FRANKFURT (Reuters) - General Motors’ (GM.N) ailing European unit Opel aims to strike a deal with labor unions to close the Bochum plant after production of the Zafira Tourer van ends in exchange for guaranteeing German jobs through to 2016.
Opel’s management, the IG Metall trade union and the works council representatives of the German plants will continue negotiations in the coming weeks in order to reach an agreement over job cuts, wages, building a wider range of models, and a deeper expansion into export markets.
“Opel must structure its business in such a way that it is also profitable in a difficult market environment. It would not be responsible were we not to act in view of a 20 percent decline in the European car market versus 2007,” Opel Chief Executive Karl-Friedrich Stracke said in a statement on Wednesday.
The company said the goal is not just to reduce costs but “to lower the dependence on imported vehicles and parts.”
Reuters reported on Tuesday that GM’s board of directors was expected to decide on the closure of the Bochum plant as part of a business plan through 2016 that will be presented to Opel’s top labor leadership on June 28.
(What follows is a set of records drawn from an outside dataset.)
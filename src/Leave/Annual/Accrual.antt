-- ===== src/Leave/Annual/Accrual.antt =====
-- `ensureAccrual`: the leave years that have started are granted, those past their expiry expire.
-- The date of today in a timezone (`todayInZone`, by `Intl`) is a parameter.
pub mod Expiry
pub mod ByStart
pub mod Round
pub mod Granted
pub mod Sound
use Prim.Native.String.{String}
use workforce_app_backend.Common.{
  ℕ, zero, suc, ◌+◌, ◌-◌, Bool, ◌&&◌, Option, none, some, List, [], ◌∷◌, ◌++◌, ◌==◌, ltb, filter,
  if◌then◌else◌, get_or,
}
use workforce_app_backend.Common.Int.{pos, pos_part}
use workforce_app_backend.Common.Result.{Result, ok, err, ◌>>=◌}
use workforce_app_backend.Common.Table.{order_by}
use workforce_app_backend.Calendar.{Date, day_number, before, date_eq}
use workforce_app_backend.Leave.Policy.{
  completed_years_of_service, annual_entitlement, leave_year_period, expires_on, Period,
}
use workforce_app_backend.Leave.Annual.{
  BucketStatus, opened, expired, Bucket, LedgerType, Employee, Store, is_opened, remaining_of,
  load_employee, write_ledger, update_bucket,
}

-- The map `byStart`, from the first day of a leave year to its row.
abbrev pub ByStart : Type 0
ByStart = List (Date × Bucket)

unfoldable pub start_get : Date → ByStart → Option Bucket
start_get key [] = none
start_get key ((k, row) ∷ m) = if date_eq k key then some row else start_get key m

unfoldable pub start_set : Date → Bucket → ByStart → ByStart
start_set key row [] = (key, row) ∷ []
start_set key row ((k, old) ∷ m) =
    if date_eq k key then (key, row) ∷ m else (k, old) ∷ start_set key row m

unfoldable pub start_map : List Bucket → ByStart → ByStart
start_map [] m = m
start_map (row ∷ rows) m = start_map rows (start_set row.period_start row m)

unfoldable pub buckets_of : Store → ℕ → List Bucket
buckets_of db employee_id =
    order_by (λ b. day_number b.period_start)
      (filter (λ b. b.employee_id == employee_id) db.buckets)

abbrev pub ledger_of : Bucket → LedgerType → ℕ → Store → Store
ledger_of row type days db = write_ledger db (record {
  employee_id = row.employee_id;
  bucket_id = row.id;
  leave_request_id = none;
  type = type;
  days = pos days;
  note = none;
})

abbrev pub new_bucket : Employee → ℕ → Period → ℕ → ℕ → Bucket
new_bucket employee id period n granted = record {
  id = id;
  organization_id = employee.organization_id;
  employee_id = employee.id;
  period_start = period.start;
  period_end = period.stop;
  expires_on = expires_on period.start;
  service_years = n;
  granted_days = granted;
  used_days = 0;
  pending_days = 0;
  expired_days = 0;
  status = opened;
}

abbrev pub raise_grant : ℕ → Period → Bucket → Bucket
raise_grant granted period row = record row {
  granted_days = granted;
  period_end = period.stop;
  expires_on = expires_on period.start;
}

-- One round of the loop over the leave years.
unfoldable pub accrue_year : Employee → Date → ℕ → Store × ByStart → Store × ByStart
accrue_year employee as_of n (db, by_start) =
    let hire = employee.employment_start_date in
    let period = leave_year_period hire n in
    let granted = annual_entitlement n hire as_of period.stop in
    elim (start_get period.start by_start) [
      | none ↦
          let row = new_bucket employee db.next_id period n granted in
          let created = record db { buckets = db.buckets ++ row ∷ []; next_id = db.next_id + 1 } in
          (ledger_of row LedgerType.grant granted created, start_set period.start row by_start)
      | some found ↦
          if ltb found.granted_days granted
          then (
            ledger_of found LedgerType.top_up (granted - found.granted_days)
                (update_bucket db found.id (raise_grant granted period)),
            start_set period.start (raise_grant granted period found) by_start,
          )
          else (db, by_start)
    ]

-- `for (let n = …; …; n++)`, by the number of rounds that are left.
unfoldable pub accrue_years : ℕ → Employee → Date → ℕ → Store × ByStart → Store × ByStart
accrue_years zero employee as_of n acc = acc
accrue_years (suc rounds) employee as_of n acc =
    accrue_years rounds employee as_of (n + 1) (accrue_year employee as_of n acc)

abbrev pub expire_bucket : ℕ → ℕ → Bucket → Bucket
expire_bucket expired_days leftover row = record row {
  status = expired;
  expired_days = expired_days + leftover;
  pending_days = 0;
}

-- One round of the loop over the open leave years.
unfoldable pub expire_row : Date → Bucket → Store → Store
expire_row as_of row db =
    if before as_of row.expires_on
    then db
    else let leftover = pos_part (remaining_of row) in
      let updated = update_bucket db row.id (expire_bucket row.expired_days leftover) in
      if ltb 0 leftover then ledger_of row LedgerType.expire leftover updated else updated

unfoldable pub expire_rows : Date → List Bucket → Store → Store
expire_rows as_of [] db = db
expire_rows as_of (row ∷ rows) db = expire_rows as_of rows (expire_row as_of row db)

pub record Accrued : Type 0 where
  pub employee : Employee
  pub as_of : Date
  pub buckets : List Bucket

-- The part of `ensureAccrual` that follows `asOf < hire`.
unfoldable pub accrue : Employee → Date → Store → Store
accrue employee as_of db =
    let years_started = completed_years_of_service employee.employment_start_date as_of in
    let by_start = start_map (buckets_of db employee.id) [] in
    let db1 = (accrue_years (years_started + 1) employee as_of 0 (db, by_start)).0 in
    expire_rows as_of
      (filter (λ b. (b.employee_id == employee.id) && is_opened b.status) db1.buckets) db1

module _ (today_in_zone : String → Date) where
  unfoldable pub as_of_for_employee : Employee → Date
  as_of_for_employee e =
      today_in_zone (get_or e.office_timezone (get_or e.schedule_timezone "Africa/Addis_Ababa"))

  unfoldable pub ensure_accrual : Store → ℕ → Option Date → Result (Store × Accrued)
  ensure_accrual db employee_id as_of_input = do
    employee ← load_employee db employee_id
    let as_of = get_or as_of_input (as_of_for_employee employee)
    let db1 = accrue employee as_of db
    if before as_of employee.employment_start_date
        then ok (db, record { employee = employee; as_of = as_of; buckets = [] })
        else ok (
          db1,
          record { employee = employee; as_of = as_of; buckets = buckets_of db1 employee_id },
        )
Under the compromise, GM and Opel would be able to reduce its fixed cost base by letting Bochum wind down its production when the Zafira Tourer’s life cycle ends, generally expected for the end of 2016.
While this would cost the jobs of 3,300 people currently employed in Bochum, management had relinquished considerations of ceasing production in 2015 when a current labor deal protecting the 20,000-odd German workers at Opel’s three car plants and one component plant.
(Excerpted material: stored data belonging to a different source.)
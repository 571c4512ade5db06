-- ===== src/Leave/Annual/Accrual/Sound.antt =====
-- The identifiers of the leave years, through `ensureAccrual`.
use Prim.Native.String.{String}
use workforce_app_backend.Common.{
  ℕ, zero, suc, ◌+◌, ◌<◌, ◌≡◌, refl, ◌∙◌, false, Option, List, [], ◌∷◌, ◌++◌, arith, ◌==◌, ltb,
  get_or, All, All-weaken, All-append, inl, inr, Bool-cases, Option-cases, any-append,
}
use workforce_app_backend.Common.Int.{pos_part}
use workforce_app_backend.Common.Result.{ok, first_step-eq-ok}
use workforce_app_backend.Common.Table.{has_key, update_by, HasDistinctKeys}
use workforce_app_backend.Calendar.{Date, before}
use workforce_app_backend.Leave.Policy.{leave_year_period, annual_entitlement}
use workforce_app_backend.Leave.Annual.{
  LedgerRow, Bucket, Employee, Store, bucket_id_of, load_employee, write_ledger, update_bucket,
  remaining_of,
}
use workforce_app_backend.Leave.Annual.Accrual.{
  ByStart, start_get, accrue_year, accrue_years, expire_row, expire_rows, accrue, Accrued,
  ensure_accrual, as_of_for_employee, expire_bucket,
}

-- The identifiers are distinct, and those to come are new.
pub record IsSound (db : Store) : Type 0 where
  pub distinct : HasDistinctKeys bucket_id_of db.buckets
  pub below : All (λ (b : Bucket). b.id < db.next_id) db.buckets

module _ (k : ℕ) (f : Bucket → Bucket) (keeps : (b : Bucket) → (f b).id ≡ b.id) where
  has_key-update :
      (j : ℕ) (rows : List Bucket)
      → has_key bucket_id_of j (update_by bucket_id_of k f rows) ≡ has_key bucket_id_of j rows
  has_key-update j [] = refl
  has_key-update j (b ∷ rows) = ground (arith, keeps b, has_key-update j rows)

  HasDistinctKeys-update :
      (rows : List Bucket)
      → HasDistinctKeys bucket_id_of rows
      → HasDistinctKeys bucket_id_of (update_by bucket_id_of k f rows)
  HasDistinctKeys-update [] d = tt
  HasDistinctKeys-update (b ∷ rows) d =
      ground (arith, keeps b, has_key-update b.id rows, HasDistinctKeys-update rows d.1)

  All-below-update :
      (n : ℕ) (rows : List Bucket)
      → All (λ (b : Bucket). b.id < n) rows
      → All (λ (b : Bucket). b.id < n) (update_by bucket_id_of k f rows)
  All-below-update n [] h = tt
  All-below-update n (b ∷ rows) h = ground (arith, keeps b, All-below-update n rows h.1)

  pub update_bucket-IsSound : (db : Store) → IsSound db → IsSound (update_bucket db k f)
  update_bucket-IsSound db s = record {
    distinct = HasDistinctKeys-update db.buckets s.distinct;
    below = All-below-update db.next_id db.buckets s.below;
  }

below_has_no_key :
    (n : ℕ) (rows : List Bucket)
    → All (λ (b : Bucket). b.id < n) rows
    → has_key bucket_id_of n rows ≡ false
below_has_no_key n [] h = refl
below_has_no_key n (b ∷ rows) h = ground (arith, below_has_no_key n rows h.1)

HasDistinctKeys-concat :
    (b : Bucket) (rows : List Bucket)
    → HasDistinctKeys bucket_id_of rows
    → has_key bucket_id_of b.id rows ≡ false
    → HasDistinctKeys bucket_id_of (rows ++ b ∷ [])
HasDistinctKeys-concat b [] d h = (refl, tt)
HasDistinctKeys-concat b (r ∷ rows) d h = ground (
  arith,
  HasDistinctKeys-concat b rows d.1,
  any-append (λ (x : Bucket). x.id == r.id) rows (b ∷ []),
)

create-IsSound :
    (db : Store) (b : Bucket)
    → IsSound db
    → b.id ≡ db.next_id
    → IsSound (record db { buckets = db.buckets ++ b ∷ []; next_id = db.next_id + 1 })
create-IsSound db b s e = record {
  distinct =
      HasDistinctKeys-concat b db.buckets s.distinct
        (rw e (below_has_no_key db.next_id db.buckets s.below));
  below =
      All-append _ db.buckets (b ∷ [])
        (All-weaken (λ (x : Bucket) (h : x.id < db.next_id). omega arith) db.buckets s.below)
        (omega arith, tt);
}

-- What accrual keeps of the store.
abbrev Keeps : Store → Store → Type 0
Keeps db db' = IsSound db' × (db'.allocations ≡ db.allocations) × (db'.requests ≡ db.requests)

ledger-Keeps : (db' db : Store) (row : LedgerRow) → Keeps db db' → Keeps db (write_ledger db' row)
unfolding write_ledger
ledger-Keeps db' db row (s, a, r) = (record { distinct = s.distinct; below = s.below }, a, r)

pub accrue_year-Keeps :
    (employee : Employee) (as_of : Date) (n : ℕ) (db : Store) (by_start : ByStart)
    → IsSound db
    → Keeps db (accrue_year employee as_of n (db, by_start)).0
unfolding accrue_year
accrue_year-Keeps employee as_of n db by_start s =
    elim (Option-cases
      (start_get (leave_year_period employee.employment_start_date n).start by_start)) [
        | inl new ↦
            rw (new, accrue_year) (ledger-Keeps _ db _ (create-IsSound db _ s refl, refl, refl))
        | inr (found, old) ↦
            elim (Bool-cases (
              ltb found.granted_days (
                annual_entitlement n employee.employment_start_date as_of
                  (leave_year_period employee.employment_start_date n).stop))) [
                    | inl more ↦
                        rw (old, accrue_year)
                          (rw more (
                            ledger-Keeps _ db _
                              (update_bucket-IsSound _ _ (λ b. refl) db s, refl, refl)))
                    | inr enough ↦ rw (old, accrue_year) (rw enough (s, refl, refl))
                  ]
      ]

Keeps-trans : (a b c : Store) → Keeps a b → Keeps b c → Keeps a c
Keeps-trans a b c h k = (k.0, k.1 ∙ h.1, k.2 ∙ h.2)

pub accrue_years-Keeps :
    (rounds : ℕ) (employee : Employee) (as_of : Date) (n : ℕ) (db : Store) (by_start : ByStart)
    → IsSound db
    → Keeps db (accrue_years rounds employee as_of n (db, by_start)).0
unfolding accrue_years
accrue_years-Keeps zero employee as_of n db by_start s = (s, refl, refl)
accrue_years-Keeps (suc rounds) employee as_of n db by_start s =
    let next = accrue_year employee as_of n (db, by_start) in
    let kept = accrue_year-Keeps employee as_of n db by_start s in
    Keeps-trans db next.0 _ kept
      (accrue_years-Keeps rounds employee as_of (n + 1) next.0 next.1 kept.0)

expire_row-Keeps :
    (as_of : Date) (row : Bucket) (db : Store) → IsSound db → Keeps db (expire_row as_of row db)
unfolding expire_row
expire_row-Keeps as_of row db s = elim (Bool-cases (before as_of row.expires_on)) [
  | inl early ↦ rw early (s, refl, refl)
  | inr due ↦
      let kept : Keeps db
          (update_bucket db row.id (expire_bucket row.expired_days (pos_part (remaining_of row)))) =
        (
          update_bucket-IsSound row.id
              (expire_bucket row.expired_days (pos_part (remaining_of row))) (λ b. refl) db s,
          refl,
          refl,
        ) in
      elim (Bool-cases (ltb 0 (pos_part (remaining_of row)))) [
        | inl more ↦ rw due (rw more (ledger-Keeps _ db _ kept))
        | inr none_left ↦ rw due (rw none_left kept)
      ]
]

expire_rows-Keeps :
    (as_of : Date) (rows : List Bucket) (db : Store)
    → IsSound db
    → Keeps db (expire_rows as_of rows db)
unfolding expire_rows
expire_rows-Keeps as_of [] db s = (s, refl, refl)
expire_rows-Keeps as_of (row ∷ rows) db s =
    let kept = expire_row-Keeps as_of row db s in
    Keeps-trans db (expire_row as_of row db) _ kept (expire_rows-Keeps as_of rows _ kept.0)

accrue-Keeps :
    (employee : Employee) (as_of : Date) (db : Store)
    → IsSound db
    → Keeps db (accrue employee as_of db)
unfolding accrue
accrue-Keeps employee as_of db s =
    let kept = accrue_years-Keeps _ employee as_of 0 db _ s in
    Keeps-trans db _ _ kept (expire_rows-Keeps as_of _ _ kept.0)

-- A successful accrual keeps the identifiers of the leave years distinct, and those to come new, if
-- they were, and leaves the allocations and the requests as they are.
pub ensure_accrual-IsSound :
    (today_in_zone : String → Date) (db : Store) (employee_id : ℕ) (as_of_input : Option Date)
    {db' : Store} {accrued : Accrued}
    → IsSound db
    → ensure_accrual today_in_zone db employee_id as_of_input ≡ ok (db', accrued)
    → IsSound db' × (db'.allocations ≡ db.allocations) × (db'.requests ≡ db.requests)
unfolding ensure_accrual
ensure_accrual-IsSound today_in_zone db employee_id as_of_input {db'} {accrued} s e =
    let (employee, loaded, rest) = first_step-eq-ok (load_employee db employee_id) _ e in
    let as_of = get_or as_of_input (as_of_for_employee today_in_zone employee) in
    elim (Bool-cases (before as_of employee.employment_start_date)) [
      | inl early ↦ let same : db ≡ db' = ground (arith, rest, early) in rw (← same) (s, refl, refl)
      | inr late ↦
          let same : accrue employee as_of db ≡ db' = ground (arith, rest, late) in
          rw (← same) (accrue-Keeps employee as_of db s)
    ]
As part of the talks, IG Metall is prepared to discuss the “implementation” of the recent collective wage bargaining deal, which foresees hiking pay by 4.3 percent over a 13 month period retroactively from May.
This would imply the union is prepared to accept a deviation from the industry-wide deal, either by paying less or delaying the date for the hike.
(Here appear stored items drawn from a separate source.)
-- ===== src/Leave/Annual/Accrual/ByStart.antt =====
-- The map `byStart` of `ensureAccrual` (src/modules/leave/annual-leave.service.ts) beside the table.
use workforce_app_backend.Common.{
  ℕ, ◌≤◌, ◌≡◌, refl, sym, ap, ◌∙◌, true, false, none, some, List, [], ◌∷◌, ◌++◌, arith, ◌==◌, All,
  inl, inr, Bool-cases, if◌then◌else◌,
}
use workforce_app_backend.Common.Table.{
  find_by, has_key, update_by, HasDistinctKeys, find_by-update_by, find_by-none,
}
use workforce_app_backend.Calendar.{Date, date_eq}
use workforce_app_backend.Leave.Policy.{leave_year_period, annual_entitlement}
use workforce_app_backend.Leave.Annual.{Bucket, Employee, Store, bucket_id_of}
use workforce_app_backend.Leave.Annual.Accrual.{ByStart, start_get, start_set}
use workforce_app_backend.Leave.Annual.Accrual.Sound.{IsSound}

pub date_eq→eq : (a b : Date) → date_eq a b ≡ true → a ≡ b
date_eq→eq a b h = ground arith

abbrev pub entry_id : Date × Bucket → ℕ
entry_id e = e.1.id

-- An entry of the map `byStart` is the stored row of the employee that starts on its date.
abbrev pub IsEntry : Store → ℕ → Date × Bucket → Type 0
IsEntry db employee_id e =
    (find_by bucket_id_of e.1.id db.buckets ≡ some e.1)
    × (e.1.employee_id ≡ employee_id)
    × (e.1.period_start ≡ e.0)

start_get-has_key :
    (key : Date) (m : ByStart) {found : Bucket}
    → start_get key m ≡ some found
    → has_key entry_id found.id m ≡ true
unfolding start_get
start_get-has_key key [] h = absurd (ground arith)
start_get-has_key key ((k, old) ∷ m) {found} h = elim (Bool-cases (date_eq k key)) [
  | inl same ↦ ground (arith, same)
  | inr other ↦
      let later = start_get-has_key key m {found = found} (ground (arith, other)) in ground arith
]

pub start_get-start_set :
    (key other : Date) (row : Bucket) (m : ByStart)
    → start_get other (start_set key row m)
      ≡ (if date_eq key other then some row else start_get other m)
unfolding start_get start_set
start_get-start_set key other row [] = refl
start_get-start_set key other row ((k, old) ∷ m) = elim (Bool-cases (date_eq k key)) [
  | inr apart ↦ ground (arith, apart, start_get-start_set key other row m)
  | inl same ↦ let e : k ≡ key = date_eq→eq k key same in ground (arith, same, e)
]

module _ (before after : Store) (employee_id : ℕ) (found new : Bucket)
    (there : find_by bucket_id_of found.id after.buckets ≡ some new) (named : new.id ≡ found.id)
    (others : (j : ℕ)
      → (found.id == j) ≡ false
      → find_by bucket_id_of j after.buckets ≡ find_by bucket_id_of j before.buckets)
    (own : new.employee_id ≡ found.employee_id)
    (starts : new.period_start ≡ found.period_start) where
  untouched :
      (m : ByStart)
      → has_key entry_id found.id m ≡ false
      → All (IsEntry before employee_id) m
      → All (IsEntry after employee_id) m
  untouched [] absent h = tt
  untouched (e ∷ m) absent h =
      let same = others e.1.id (ground arith) in
      ((same ∙ h.0.0, h.0.1, h.0.2), untouched m (ground arith) h.1)

  raised_ids :
      (key : Date) (j : ℕ) (m : ByStart)
      → start_get key m ≡ some found
      → has_key entry_id j (start_set key new m) ≡ has_key entry_id j m
  unfolding start_get start_set
  raised_ids key j [] h = absurd (ground arith)
  raised_ids key j ((k, old) ∷ m) h = elim (Bool-cases (date_eq k key)) [
    | inl same ↦ ground (arith, same, named)
    | inr other ↦ ground (arith, other, raised_ids key j m (ground (arith, other)))
  ]

  pub raised_distinct :
      (key : Date) (m : ByStart)
      → start_get key m ≡ some found
      → HasDistinctKeys entry_id m
      → HasDistinctKeys entry_id (start_set key new m)
  unfolding start_get start_set
  raised_distinct key [] h d = absurd (ground arith)
  raised_distinct key ((k, old) ∷ m) h d = elim (Bool-cases (date_eq k key)) [
    | inl same ↦
        rw same (let e : old ≡ found = ground (arith, same) in ground (arith, d.0, named, e), d.1)
    | inr other ↦
        let deeper : start_get key m ≡ some found = ground (arith, other) in
        rw other (raised_ids key old.id m deeper ∙ d.0, raised_distinct key m deeper d.1)
  ]

  pub raised :
      (key : Date) (m : ByStart)
      → start_get key m ≡ some found
      → HasDistinctKeys entry_id m
      → All (IsEntry before employee_id) m
      → All (IsEntry after employee_id) (start_set key new m)
  unfolding start_get start_set
  raised key [] h d entries = absurd (ground arith)
  raised key ((k, old) ∷ m) h d entries = elim (Bool-cases (date_eq k key)) [
    | inl same ↦
        let is_found : old ≡ found = ground (arith, same) in
        let here : k ≡ key = date_eq→eq k key same in
        let absent : has_key entry_id found.id m ≡ false = rw is_found at d.0 in
        let mine = rw is_found at entries.0 in
        rw same (
          (
            ap (λ j. find_by bucket_id_of j after.buckets) named ∙ there,
            own ∙ mine.1,
            starts ∙ mine.2 ∙ here,
          ),
          untouched m absent entries.1,
        )
    | inr other ↦
        let deeper : start_get key m ≡ some found = ground (arith, other) in
        let kept =
          others old.id (ground (arith, start_get-has_key key m {found = found} deeper, d.0)) in
        rw other ((kept ∙ entries.0.0, entries.0.1, entries.0.2), raised key m deeper d.1 entries.1)
  ]

-- The map and the table during the loop over the leave years.
pub record IsSynced (db : Store) (employee_id : ℕ) (m : ByStart) : Type 0 where
  pub entries : All (IsEntry db employee_id) m
  pub distinct : HasDistinctKeys entry_id m
  pub sound : IsSound db

-- The leave year has an entry with at least its entitlement.
abbrev pub IsGranted : Employee → Date → ℕ → ByStart → Type 0
IsGranted employee as_of n m =
    let hire = employee.employment_start_date in
    let period = leave_year_period hire n in
    (row : Bucket) × (start_get period.start m ≡ some row)
    × (annual_entitlement n hire as_of period.stop ≤ row.granted_days)

pub appended_entries :
    (before after : Store) (employee_id : ℕ) (key : Date) (row : Bucket) (m : ByStart)
    → ((j : ℕ) (r : Bucket)
        → find_by bucket_id_of j before.buckets ≡ some r
        → find_by bucket_id_of j after.buckets ≡ some r)
    → IsEntry after employee_id (key, row)
    → start_get key m ≡ none
    → All (IsEntry before employee_id) m
    → All (IsEntry after employee_id) (start_set key row m)
unfolding start_get start_set
appended_entries before after employee_id key row [] keeps new absent h = (new, tt)
appended_entries before after employee_id key row ((k, old) ∷ m) keeps new absent h =
    elim (Bool-cases (date_eq k key)) [
      | inl same ↦ absurd (ground (arith, same))
      | inr other ↦ rw other (
        (keeps old.id old h.0.0, h.0.1, h.0.2),
        appended_entries before after employee_id key row m keeps new (ground (arith, other)) h.1,
      )
    ]

pub has_key-start_set :
    (key : Date) (row : Bucket) (j : ℕ) (m : ByStart)
    → has_key entry_id j m ≡ false
    → (row.id == j) ≡ false
    → has_key entry_id j (start_set key row m) ≡ false
unfolding start_set
has_key-start_set key row j [] h other = ground arith
has_key-start_set key row j ((k, old) ∷ m) h other =
    ground (arith, has_key-start_set key row j m (ground arith) other)

pub HasDistinctKeys-start_set :
    (key : Date) (row : Bucket) (m : ByStart)
    → has_key entry_id row.id m ≡ false
    → HasDistinctKeys entry_id m
    → HasDistinctKeys entry_id (start_set key row m)
unfolding start_set
HasDistinctKeys-start_set key row [] h d = (refl, tt)
HasDistinctKeys-start_set key row ((k, old) ∷ m) h d = elim (Bool-cases (date_eq k key)) [
  | inl same ↦ rw same (ground arith, d.1)
  | inr other ↦ rw other (
    has_key-start_set key row old.id m d.0 (ground arith),
    HasDistinctKeys-start_set key row m (ground arith) d.1,
  )
]

pub entries_are_old :
    (db : Store) (employee_id j : ℕ) (m : ByStart)
    → has_key bucket_id_of j db.buckets ≡ false
    → All (IsEntry db employee_id) m
    → has_key entry_id j m ≡ false
entries_are_old db employee_id j [] absent h = refl
entries_are_old db employee_id j (e ∷ m) absent h = elim (Bool-cases (e.1.id == j)) [
  | inl same ↦
      let missing = find_by-none bucket_id_of j db.buckets absent in
      absurd (ground (arith, same, missing, h.0.0))
  | inr other ↦ ground (arith, other, entries_are_old db employee_id j m absent h.1)
]

pub find_by-new :
    (rows : List Bucket) (b : Bucket)
    → has_key bucket_id_of b.id rows ≡ false
    → find_by bucket_id_of b.id (rows ++ b ∷ []) ≡ some b
find_by-new [] b h = ground arith
find_by-new (r ∷ rows) b h = ground (arith, find_by-new rows b (ground arith))

-- A map whose entries at the date of a row are granted no more than the row keeps what is granted.
pub IsGranted-start_set :
    (employee : Employee) (as_of : Date) (n : ℕ) (key : Date) (row : Bucket) (m : ByStart)
    → ((old : Bucket) → start_get key m ≡ some old → old.granted_days ≤ row.granted_days)
    → IsGranted employee as_of n m
    → IsGranted employee as_of n (start_set key row m)
IsGranted-start_set employee as_of n key row m more (old, there, enough) =
    let start = (leave_year_period employee.employment_start_date n).start in
    let looked = start_get-start_set key start row m in
    elim (Bool-cases (date_eq key start)) [
      | inl same ↦
          let e = date_eq→eq key start same in
          let at_most = more old (rw (sym e) at there) in (row, looked ∙ rw same refl, omega arith)
      | inr other ↦ (old, looked ∙ rw other there, enough)
    ]

pub find_by-updated :
    (k : ℕ) (f : Bucket → Bucket) (rows : List Bucket) (found : Bucket)
    → ((b : Bucket) → (f b).id ≡ b.id)
    → find_by bucket_id_of k rows ≡ some found
    → find_by bucket_id_of k (update_by bucket_id_of k f rows) ≡ some (f found)
find_by-updated k f rows found keeps stored =
    ground (arith, find_by-update_by bucket_id_of k k f rows keeps, stored)

pub find_by-not_updated :
    (j k : ℕ) (f : Bucket → Bucket) (rows : List Bucket)
    → ((b : Bucket) → (f b).id ≡ b.id)
    → (k == j) ≡ false
    → find_by bucket_id_of j (update_by bucket_id_of k f rows) ≡ find_by bucket_id_of j rows
find_by-not_updated j k f rows keeps other =
    ground (arith, find_by-update_by bucket_id_of j k f rows keeps, other)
In doing so, labor hopes that the talks would allow job guarantees to be extended another two years through the end of 2016.
Opel reaffirmed plans to run all of its European plants in three-shift operation at full capacity. Company sources have confirmed that the company’s cost base would ideally require it to build 500,000 more cars than it manufactured last year.
The carmaker pledged to look into shifting overseas production back to Europe. Opel currently imports the Antara sports utility vehicle from Korea, which will also begin exporting the smaller Mokka subcompact SUV to Europe come October.
The higher output in the remaining factories would mean roughly half of the planned investments through 2016 would be made in Germany, home to just over half of Opel’s workforce.
“Opel remains a central pillar of our global business and I am absolutely convinced that we are on the right path,” GM Vice Chairman Stephen Girsky said in a statement.
Wolfgang Schaefer-Klug, Opel’s top Labour leader since January, expressed support for the deal but said “many points still must be negotiated.”
IG Metall boss Berthold Huber said the talks based on a preliminary plan showed both sides were accepting responsibility for the losses at Opel, which abandoned its plans to achieve profitability this year amid a severe drop in the market.
“We expect that the management of GM and Opel do not simply pay lip service to the plans but support them with the necessary investments,” he said in the statement.